EXERCISE INSTRUCTIONS -
Both the line with "let later = insert-IsAbove" and the line with "rest f h), (h, k))" in the records below must appear in the output, along with every line between them, exactly and with nothing added.

Segment Start: INFORMATION PROVIDED

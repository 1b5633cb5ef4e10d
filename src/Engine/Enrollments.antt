-- ===== src/Engine/Enrollments.antt =====
-- The map of the enrolled faces of lib/FaceEngineStub.cpp: what a look at it gives behind each change.
use android_vendor_extra_fac.Common.{
  none≢some, ◌∙◌, ◌≡◌, refl, sym, subst, true, false, inl, inr, List, [], ◌∷◌, if◌then◌else◌,
  Option, none, some, ℤ, pos, negsuc, int_eq, int_lt, int_eq→eq, int_eq_refl, arith, Bool-cases,
}
use android_vendor_extra_fac.Engine.Stub.{Enrollments, insert, erase, insert_all, max_id, next_id}

abbrev pub lookup : {F : Type 0} → ℤ → Enrollments F → Option (List F)
lookup id [] = none
lookup id ((key, value) ∷ rest) = if int_eq id key then some value else lookup id rest

-- All keys lie above a bound, or none does.
abbrev pub IsAbove : {F : Type 0} → ℤ → Enrollments F → Type 0
IsAbove b [] = Unit {0}
IsAbove b ((key, value) ∷ rest) = (int_lt b key ≡ true) × IsAbove b rest

abbrev pub IsWithin : {F : Type 0} → ℤ → Enrollments F → Type 0
IsWithin b [] = Unit {0}
IsWithin b ((key, value) ∷ rest) = (int_lt b key ≡ false) × IsWithin b rest

-- The keys ascend, as those of a `std::map` do.
abbrev pub IsSorted : {F : Type 0} → Enrollments F → Type 0
IsSorted [] = Unit {0}
IsSorted ((key, value) ∷ rest) = IsAbove key rest × IsSorted rest

int_lt_trans : (a b c : ℤ) → int_lt a b ≡ true → int_lt b c ≡ true → int_lt a c ≡ true
int_lt_trans a b c h k = ground arith

int_lt-int_eq : (a b : ℤ) → int_lt a b ≡ true → int_eq a b ≡ false
int_lt-int_eq a b h = ground arith

int_eq_left : (j a b : ℤ) → int_eq a b ≡ true → int_eq j a ≡ false → int_eq j b ≡ false
int_eq_left j a b h k = ground arith

int_total : (a b : ℤ) → int_eq a b ≡ false → int_lt a b ≡ false → int_lt b a ≡ true
int_total a b h k = ground arith

int_lt_refl : (a : ℤ) → int_lt a a ≡ false
int_lt_refl (pos n) = ground arith
int_lt_refl (negsuc n) = ground arith

max_id_step : (b key top : ℤ) → int_lt b key ≡ true → int_lt top key ≡ false → int_lt top b ≡ false
max_id_step b key top h k = ground arith

int_le_trans : (a b c : ℤ) → int_lt b a ≡ false → int_lt c b ≡ false → int_lt c a ≡ false
int_le_trans a b c h k = ground arith

next_id_not : (a b : ℤ) → int_lt b a ≡ false → int_eq (next_id b) a ≡ false
unfolding next_id
next_id_not a b h = ground arith

module _ {F : Type 0} where
  pub lookup-insert : (id : ℤ) (v : List F) (m : Enrollments F) → lookup id (insert id v m) ≡ some v
  unfolding insert
  lookup-insert id v [] = rw (int_eq_refl id) refl
  lookup-insert id v ((key, value) ∷ rest) =
      let same = int_eq_refl id in let later = lookup-insert id v rest in ground arith

  pub lookup-insert_other :
      (j id : ℤ) (v : List F) (m : Enrollments F)
      → int_eq j id ≡ false
      → lookup j (insert id v m) ≡ lookup j m
  unfolding insert
  lookup-insert_other j id v [] h = rw (h) refl
  lookup-insert_other j id v ((key, value) ∷ rest) h =
      let later = lookup-insert_other j id v rest h in
      let same = int_eq→eq id key in
      elim (Bool-cases (int_eq id key)) [
        | inl e ↦ rw (e, h, int_eq_left j id key e h) refl
        | inr e ↦ rw (e) (ground arith)
      ]

  above_lookup : (j : ℤ) (m : Enrollments F) → IsAbove j m → lookup j m ≡ none
  above_lookup j [] h = refl
  above_lookup j ((key, value) ∷ rest) (h, k) = rw (int_lt-int_eq j key h) (above_lookup j rest k)

  lower-IsAbove : (a b : ℤ) (m : Enrollments F) → int_lt a b ≡ true → IsAbove b m → IsAbove a m
  lower-IsAbove a b [] h k = k
  lower-IsAbove a b ((key, value) ∷ rest) h (k, l) =
      (int_lt_trans a b key h k, lower-IsAbove a b rest h l)

  insert-IsAbove :
      (b id : ℤ) (v : List F) (m : Enrollments F)
      → int_lt b id ≡ true
      → IsAbove b m
      → IsAbove b (insert id v m)
  unfolding insert
  insert-IsAbove b id v [] h k = (h, k)
  insert-IsAbove b id v ((key, value) ∷ rest) h (k, l) =
      let later = insert-IsAbove b id v rest h l in
      elim (Bool-cases (int_eq id key)) [
        | inl e ↦ rw (e) (h, l)
        | inr e ↦ elim (Bool-cases (int_lt id key)) [
          | inl f ↦ rw (e, f) (h, (k, l))
          | inr f ↦ rw (e, f) (k, later)
        ]
      ]

  pub insert-IsSorted :
      (id : ℤ) (v : List F) (m : Enrollments F) → IsSorted m → IsSorted (insert id v m)
  unfolding insert
  insert-IsSorted id v [] h = (tt, tt)
  insert-IsSorted id v ((key, value) ∷ rest) (h, k) =
      let later = insert-IsSorted id v rest k in
      elim (Bool-cases (int_eq id key)) [
        | inl e ↦ rw (e) (rw (int_eq→eq id key e) h, k)
        | inr e ↦ elim (Bool-cases (int_lt id key)) [
          | inl f ↦ rw (e, f) ((f, lower-IsAbove id key rest f h), (h, k))
          | inr f ↦ rw (e, f) (insert-IsAbove key id v rest (int_total id key e f) h, later)
        ]
      ]

  erase-IsAbove : (b id : ℤ) (m : Enrollments F) → IsAbove b m → IsAbove b (erase id m)
  unfolding erase
  erase-IsAbove b id [] h = h
  erase-IsAbove b id ((key, value) ∷ rest) (h, k) =
      let later = erase-IsAbove b id rest k in
      elim (Bool-cases (int_eq id key)) [ inl e ↦ rw (e) k | inr e ↦ rw (e) (h, later) ]

  pub erase-IsSorted : (id : ℤ) (m : Enrollments F) → IsSorted m → IsSorted (erase id m)
  unfolding erase
  erase-IsSorted id [] h = h
  erase-IsSorted id ((key, value) ∷ rest) (h, k) =
      let later = erase-IsSorted id rest k in
      elim (Bool-cases (int_eq id key)) [
        | inl e ↦ rw (e) k
        | inr e ↦ rw (e) (erase-IsAbove key id rest h, later)
      ]

  pub insert_all-IsSorted : (new m : Enrollments F) → IsSorted m → IsSorted (insert_all new m)
  unfolding insert_all
  insert_all-IsSorted [] m h = h
  insert_all-IsSorted ((id, v) ∷ new) m h =
      insert_all-IsSorted new (insert id v m) (insert-IsSorted id v m h)

  pub lookup-erase : (id : ℤ) (m : Enrollments F) → IsSorted m → lookup id (erase id m) ≡ none
  unfolding erase
  lookup-erase id [] h = refl
  lookup-erase id ((key, value) ∷ rest) (h, k) =
      let later = lookup-erase id rest k in
      elim (Bool-cases (int_eq id key)) [
        | inl e ↦ rw (e) (above_lookup id rest (rw (int_eq→eq id key e) h))
        | inr e ↦ rw (e, e) later
      ]

  pub lookup-erase_other :
      (j id : ℤ) (m : Enrollments F) → int_eq j id ≡ false → lookup j (erase id m) ≡ lookup j m
  unfolding erase
  lookup-erase_other j id [] h = refl
  lookup-erase_other j id ((key, value) ∷ rest) h =
      let later = lookup-erase_other j id rest h in
      elim (Bool-cases (int_eq id key)) [
        | inl e ↦ rw (e, int_eq_left j id key e h) refl
        | inr e ↦ rw (e) (ground arith)
      ]

  max_id_up :
      (b key : ℤ) (v : List F) (m : Enrollments F)
      → int_lt b key ≡ true
      → max_id b ((key, v) ∷ m) ≡ max_id key m
  unfolding max_id
  max_id_up b key v m h = rw (h) refl

  max_id_same :
      (b key : ℤ) (v : List F) (m : Enrollments F)
      → int_lt b key ≡ false
      → max_id b ((key, v) ∷ m) ≡ max_id b m
  unfolding max_id
  max_id_same b key v m h = rw (h) refl

  max_id_bound :
      (b : ℤ) (m : Enrollments F) → (int_lt (max_id b m) b ≡ false) × IsWithin (max_id b m) m
  max_id_bound b [] = unfold max_id in (int_lt_refl b, tt)
  max_id_bound b ((key, value) ∷ rest) = elim (Bool-cases (int_lt b key)) [
    | inl e ↦
        let (up, within) = max_id_bound key rest in
        at_bound (sym (max_id_up b key value rest e))
          (max_id_step b key (max_id key rest) e up, (up, within))
    | inr e ↦
        let (up, within) = max_id_bound b rest in
        at_bound (sym (max_id_same b key value rest e))
          (up, (int_le_trans key b (max_id b rest) e up, within))
  ]
    where
      at_bound :
          {x y : ℤ}
          → x ≡ y
          → (int_lt x b ≡ false) × IsWithin x ((key, value) ∷ rest)
          → (int_lt y b ≡ false) × IsWithin y ((key, value) ∷ rest)
      at_bound p h = subst (λ top. (int_lt top b ≡ false) × IsWithin top ((key, value) ∷ rest)) p h

  within_lookup : (b : ℤ) (m : Enrollments F) → IsWithin b m → lookup (next_id b) m ≡ none
  within_lookup b [] h = refl
  within_lookup b ((key, value) ∷ rest) (h, k) = rw (next_id_not key b h) (within_lookup b rest k)

  -- The id that the code takes for a new face is no enrolled face's.
  pub next_id_new : (m : Enrollments F) → lookup (next_id (max_id (pos 0) m)) m ≡ none
  next_id_new m = within_lookup (max_id (pos 0) m) m (max_id_bound (pos 0) m).1

  -- What neither the map nor the list that is inserted has is not there behind the insertion.
  pub lookup-insert_all :
      (j : ℤ) (loaded m : Enrollments F)
      → lookup j loaded ≡ none
      → lookup j m ≡ none
      → lookup j (insert_all loaded m) ≡ none
  unfolding insert_all
  lookup-insert_all j [] m h k = k
  lookup-insert_all j ((key, value) ∷ rest) m h k = elim (Bool-cases (int_eq j key)) [
    | inl e ↦
        let found : lookup j ((key, value) ∷ rest) ≡ some value = rw (e) refl in
        absurd (none≢some (sym h ∙ found))
    | inr e ↦
        let on : lookup j ((key, value) ∷ rest) ≡ lookup j rest = rw (e) refl in
        lookup-insert_all j rest (insert key value m) (sym on ∙ h)
          (lookup-insert_other j key value m e ∙ k)
  ]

Segment End: INFORMATION PROVIDED

EXERCISE RESPONSE -
      let later = insert-IsAbove b id v rest h l in
      elim (Bool-cases (int_eq id key)) [
        | inl e ↦ rw (e) (h, l)
        | inr e ↦ elim (Bool-cases (int_lt id key)) [
          | inl f ↦ rw (e, f) (h, (k, l))
          | inr f ↦ rw (e, f) (k, later)
        ]
      ]

  pub insert-IsSorted :
      (id : ℤ) (v : List F) (m : Enrollments F) → IsSorted m → IsSorted (insert id v m)
  unfolding insert
  insert-IsSorted id v [] h = (tt, tt)
  insert-IsSorted id v ((key, value) ∷ rest) (h, k) =
      let later = insert-IsSorted id v rest k in
      elim (Bool-cases (int_eq id key)) [
        | inl e ↦ rw (e) (rw (int_eq→eq id key e) h, k)
        | inr e ↦ elim (Bool-cases (int_lt id key)) [
          | inl f ↦ rw (e, f) ((f, lower-IsAbove id key rest f h), (h, k))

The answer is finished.